*Working data*
^^^^

-- ===== src/Auth/Login.antt =====
-- A log-in that is refused, and a session that ends with its user.
use hotel_crm.Prelude.{
  ℕ, ◌+◌, ◌<◌, ◌≤◌, ◌≡◌, refl, inl, inr, String, true, false, Option, some, arith, Bool-cases,
  Option-cases,
}
use hotel_crm.Schema.{UserRow}
use hotel_crm.Platform.{Platform, World}
use hotel_crm.Platform.Results.{ok, err, too_many_requests, unauthorized}
use hotel_crm.Tenant.{setting_of, with_tenant}
use hotel_crm.Users.Repository.{
  user_policy, has_email, has_id, find_by_email_with_secret, find_by_id_in_tenant, select_user,
}
use hotel_crm.Users.Rows.{resolve, require_lem, with_current_tenant-ok}
use hotel_crm.RefreshToken.Repository.{ConsumedRefreshToken}
use hotel_crm.RefreshToken.Service.{consume, revoke_family}
use hotel_crm.RefreshToken.Effects.{token_rows}
use hotel_crm.RefreshToken.Revoked.{AllRevoked}
use hotel_crm.RefreshToken.Reuse.{in_family, family-AllRevoked}
use hotel_crm.RefreshToken.Steps.{revoke_family_lem}
use hotel_crm.LoginThrottle.Counter.{LoginAttemptIdentity, key_for, count_attempts, get_count}
use hotel_crm.LoginThrottle.Service.{
  assert_not_locked, record_failure, refuse_locked, locked_message,
}
use hotel_crm.LoginThrottle.Effects.{entry_of, seen, assert_not_locked_lem, record_failure-ok}
use hotel_crm.Auth.Sessions.{
  LoginDto, LoginResult, invalid_credentials, identity_of, login, authenticate, reject, refresh,
  renew, close,
}

module _ {U T R K : Type 0} (p : Platform U T R K) where
  assert_world :
      (i : LoginAttemptIdentity) (w : World U T R)
      → (assert_not_locked p i w).1 ≡ record w { reads = w.reads + 1 }
  unfolding assert_not_locked count_attempts get_count refuse_locked
  assert_world i w = ground arith

  module _ (current s : Option String) (t ip : String) (dto : LoginDto) (w : World U T R)
      (e : resolve p current ≡ ok (t, s)) where
    abbrev pub attempts : ℕ
    attempts = seen p (p.clock w.reads) (entry_of p w (key_for p (identity_of p t dto ip)))

    pub checked :
        attempts < p.env.login_max_attempts
        → assert_not_locked p (identity_of p t dto ip) w ≡ (ok tt, record w { reads = w.reads + 1 })
    checked h =
        let result = assert_not_locked_lem p (identity_of p t dto ip) w in
        let world = assert_world (identity_of p t dto ip) w in ground arith

    pub looked_up :
        (v : World U T R)
        → find_by_email_with_secret p current dto.email v
          ≡ (ok (p.users.find_first (user_policy s) (has_email dto.email) v.users), v)
    unfolding find_by_email_with_secret
    looked_up v = with_current_tenant-ok p current s t _ v e

    reject_lem :
        (v : World U T R)
        → (reject p {A = LoginResult K} (identity_of p t dto ip) v) ≡ (
          err (unauthorized invalid_credentials),
          (record_failure p (identity_of p t dto ip) v).1,
        )
    unfolding reject
    reject_lem v = let done = record_failure-ok p (identity_of p t dto ip) v in ground arith

    -- While as many failures are counted as LOGIN_MAX_ATTEMPTS, a log-in with a tenant is refused
    -- with 429 whatever the password, and nothing changes but that the clock was read.
    pub login-locked :
        p.env.login_max_attempts ≤ attempts
        → login p current dto ip w
          ≡ (err (too_many_requests locked_message), record w { reads = w.reads + 1 })
    unfolding login
    login-locked h =
        let result = assert_not_locked_lem p (identity_of p t dto ip) w in
        let world = assert_world (identity_of p t dto ip) w in
        let refused : assert_not_locked p (identity_of p t dto ip) w
            ≡ (err (too_many_requests locked_message), record w { reads = w.reads + 1 }) =
          ground arith in
        rw (require_lem p current s t w e, refused)

    -- A log-in with a tenant that is not locked fails alike for an unknown address, an inactive
    -- user and a wrong password: the answer is the same 401, and the state is the one that
    -- recording the failure leaves.
    pub login-rejected :
        (attempts < p.env.login_max_attempts)
        → ((user : UserRow)
            → p.users.find_first (user_policy s) (has_email dto.email) w.users ≡ some user
            → user.is_active ≡ true
            → p.bcrypt_compare dto.password user.password_hash ≡ false)
        → ((login p current dto ip w).0 ≡ err (unauthorized invalid_credentials))
          × ((login p current dto ip w).1
              ≡ (record_failure p (identity_of p t dto ip) (record w { reads = w.reads + 1 })).1)
    unfolding login authenticate
    login-rejected h bad =
        let v : World U T R = record w { reads = w.reads + 1 } in
        elim (Option-cases (p.users.find_first (user_policy s) (has_email dto.email) w.users)) [
          | inl f ↦
              rw
                (
                  require_lem p current s t w e,
                  checked h,
                  looked_up v,
                  f,
                  authenticate,
                  reject_lem v,
                )
                (refl, refl)
          | inr (user, f) ↦ elim (Bool-cases user.is_active) [
            | inl a ↦
                rw
                  (
                    require_lem p current s t w e,
                    checked h,
                    looked_up v,
                    f,
                    authenticate,
                    a,
                    bad user f a,
                    reject_lem v,
                  )
                  (refl, refl)
            | inr a ↦
                rw
                  (
                    require_lem p current s t w e,
                    checked h,
                    looked_up v,
                    f,
                    authenticate,
                    a,
                    reject_lem v,
                  )
                  (refl, refl)
          ]
        ]

  -- A refresh whose token is good, and whose user is gone or inactive in the token's tenant, fails
  -- with 401, and no row of the token's family under the tenant is live afterwards.
  pub refresh-closed :
      (raw : K) (w w' : World U T R) (c : ConsumedRefreshToken) (s : Option String) (key : String)
      → consume p raw w ≡ (ok c, w')
      → setting_of p c.tenant_id ≡ ok s
      → p.to_uuid c.user_id ≡ ok key
      → ((user : UserRow)
          → p.users.find_first (user_policy s) (has_id key) w'.users ≡ some user
          → user.is_active ≡ false)
      → ((refresh p raw w).0 ≡ err (unauthorized "Invalid refresh token"))
        × AllRevoked (in_family s c.family_id) (token_rows p (refresh p raw w).1)
  unfolding refresh renew close revoke_family find_by_id_in_tenant with_tenant select_user
  refresh-closed raw w w' c s key h e f gone =
      elim (Option-cases (p.users.find_first (user_policy s) (has_id key) w'.users)) [
        | inl g ↦
            rw (h, e, f, g, renew, revoke_family_lem p c.tenant_id s w' e c.family_id)
              (refl, family-AllRevoked p s w' c.family_id)
        | inr (user, g) ↦
            rw (h, e, f, g, renew, gone user g, revoke_family_lem p c.tenant_id s w' e c.family_id)
              (refl, family-AllRevoked p s w' c.family_id)
      ]
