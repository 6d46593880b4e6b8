-- ===== src/Auth/Credentials.antt =====
-- A log-in that succeeds.
use hotel_crm.Prelude.{
  ◌+◌, ◌<◌, ◌≡◌, sym, ap, ◌∙◌, String, true, Option, some, arith, ltb, Bool-cases, Option-cases,
  inl, inr,
}
use hotel_crm.Schema.{UserRow}
use hotel_crm.Platform.{Platform, World}
use hotel_crm.Platform.Results.{ok, >>=-ok}
use hotel_crm.Users.Types.{public_user}
use hotel_crm.Users.Repository.{user_policy, has_email, mark_logged_in}
use hotel_crm.Users.Rows.{resolve, require_lem}
use hotel_crm.RefreshToken.Service.{start_family}
use hotel_crm.LoginThrottle.Counter.{LoginAttemptIdentity}
use hotel_crm.LoginThrottle.Service.{reset}
use hotel_crm.Auth.Sessions.{
  LoginDto, LoginResult, identity_of, login, authenticate, accept, profile_of, issue_session,
  subject_of,
}
use hotel_crm.Auth.Login.{attempts, checked, looked_up, login-locked, login-rejected}

module _ {U T R K : Type 0} (p : Platform U T R K) where
  accept-profile :
      (current : Option String) (i : LoginAttemptIdentity) (user : UserRow) (w w' : World U T R)
      (r : LoginResult K)
      → accept p current i user w ≡ (ok r, w')
      → r.user ≡ profile_of user
  unfolding accept
  accept-profile current i user w w' r h =
      let (_, w1, _, h1) = >>=-ok (reset p i) _ w w' r h in
      let (_, w2, _, h2) = >>=-ok (mark_logged_in p current user.id) _ w1 w' r h1 in
      let (f, w3, _, h3) = >>=-ok (start_family p) _ w2 w' r h2 in
      let (tokens, w4, _, h4) =
        >>=-ok (issue_session p (subject_of (public_user user)) f) _ w3 w' r h3 in
      ground (arith, h4)

  module _ (current s : Option String) (t ip : String) (dto : LoginDto) (w : World U T R)
      (e : resolve p current ≡ ok (t, s)) where
    pub login-accept :
        (user : UserRow)
        → attempts p current s t ip dto w e < p.env.login_max_attempts
        → p.users.find_first (user_policy s) (has_email dto.email) w.users ≡ some user
        → user.is_active ≡ true
        → p.bcrypt_compare dto.password user.password_hash ≡ true
        → login p current dto ip w
          ≡ accept p current (identity_of p t dto ip) user (record w { reads = w.reads + 1 })
    unfolding login authenticate
    login-accept user h f a b = rw (
      require_lem p current s t w e,
      checked p current s t ip dto w e h,
      looked_up p current s t ip dto w e (record w { reads = w.reads + 1 }),
      f,
      authenticate,
      a,
      b,
    )

    -- A log-in with a tenant succeeds only where fewer failures than LOGIN_MAX_ATTEMPTS are counted
    -- and the address is that of an active user under the tenant whose password is the one given;
    -- the answer describes that user.
    pub login-ok :
        (r : LoginResult K) (w' : World U T R)
        → login p current dto ip w ≡ (ok r, w')
        → (attempts p current s t ip dto w e < p.env.login_max_attempts)
          × (user : UserRow) × (p.users.find_first (user_policy s) (has_email dto.email) w.users
              ≡ some user)
          × (user.is_active ≡ true)
          × (p.bcrypt_compare dto.password user.password_hash ≡ true)
          × (r.user ≡ profile_of user)
    login-ok r w' h =
        elim (Bool-cases (ltb (attempts p current s t ip dto w e) p.env.login_max_attempts)) [
          | inr l ↦ absurd (
              cc (
                ap (λ o. o.0) (login-locked p current s t ip dto w e (ground arith)),
                ap (λ o. o.0) h,
              ))
          | inl l ↦
              let open_ : attempts p current s t ip dto w e < p.env.login_max_attempts =
                ground arith in
              let refused = login-rejected p current s t ip dto w e open_ in
              elim (Option-cases
                (p.users.find_first (user_policy s) (has_email dto.email) w.users)) [
                  | inl f ↦ absurd (cc ((refused (λ u g. absurd (cc (f, g)))).0, ap (λ o. o.0) h))
                  | inr (user, f) ↦ elim (Bool-cases user.is_active) [
                    | inr a ↦
                        absurd (
                          cc
                            ((refused (λ u g b. absurd (ground (arith, f, g)))).0, ap (λ o. o.0) h))
                    | inl a ↦ elim (Bool-cases (p.bcrypt_compare dto.password user.password_hash)) [
                      | inr b ↦
                          absurd (cc ((refused (λ u g _. ground (arith, f, g))).0, ap (λ o. o.0) h))
                      | inl b ↦ (
                        open_,
                        user,
                        f,
                        a,
                        b,
                        accept-profile current (identity_of p t dto ip) user _ w' r
                            (sym (login-accept user open_ f a b) ∙ h),
                      )
                    ]
                  ]
                ]
        ]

^^^^

*What you will do*
Word for word, restate the lines above from the line containing "UserRow) × (p.users.find_first" through the line containing "elim (Bool-cases (p.bcrypt_compare", with both included and nothing else.

*Exercise answer*
          × (user : UserRow) × (p.users.find_first (user_policy s) (has_email dto.email) w.users
              ≡ some user)
          × (user.is_active ≡ true)
          × (p.bcrypt_compare dto.password user.password_hash ≡ true)
          × (r.user ≡ profile_of user)
    login-ok r w' h =
        elim (Bool-cases (ltb (attempts p current s t ip dto w e) p.env.login_max_attempts)) [
          | inr l ↦ absurd (
              cc (
                ap (λ o. o.0) (login-locked p current s t ip dto w e (ground arith)),
                ap (λ o. o.0) h,
              ))
          | inl l ↦
              let open_ : attempts p current s t ip dto w e < p.env.login_max_attempts =
                ground arith in
              let refused = login-rejected p current s t ip dto w e open_ in
              elim (Option-cases
                (p.users.find_first (user_policy s) (has_email dto.email) w.users)) [
                  | inl f ↦ absurd (cc ((refused (λ u g. absurd (cc (f, g)))).0, ap (λ o. o.0) h))
                  | inr (user, f) ↦ elim (Bool-cases user.is_active) [
                    | inr a ↦
                        absurd (
                          cc
                            ((refused (λ u g b. absurd (ground (arith, f, g)))).0, ap (λ o. o.0) h))
                    | inl a ↦ elim (Bool-cases (p.bcrypt_compare dto.password user.password_hash)) [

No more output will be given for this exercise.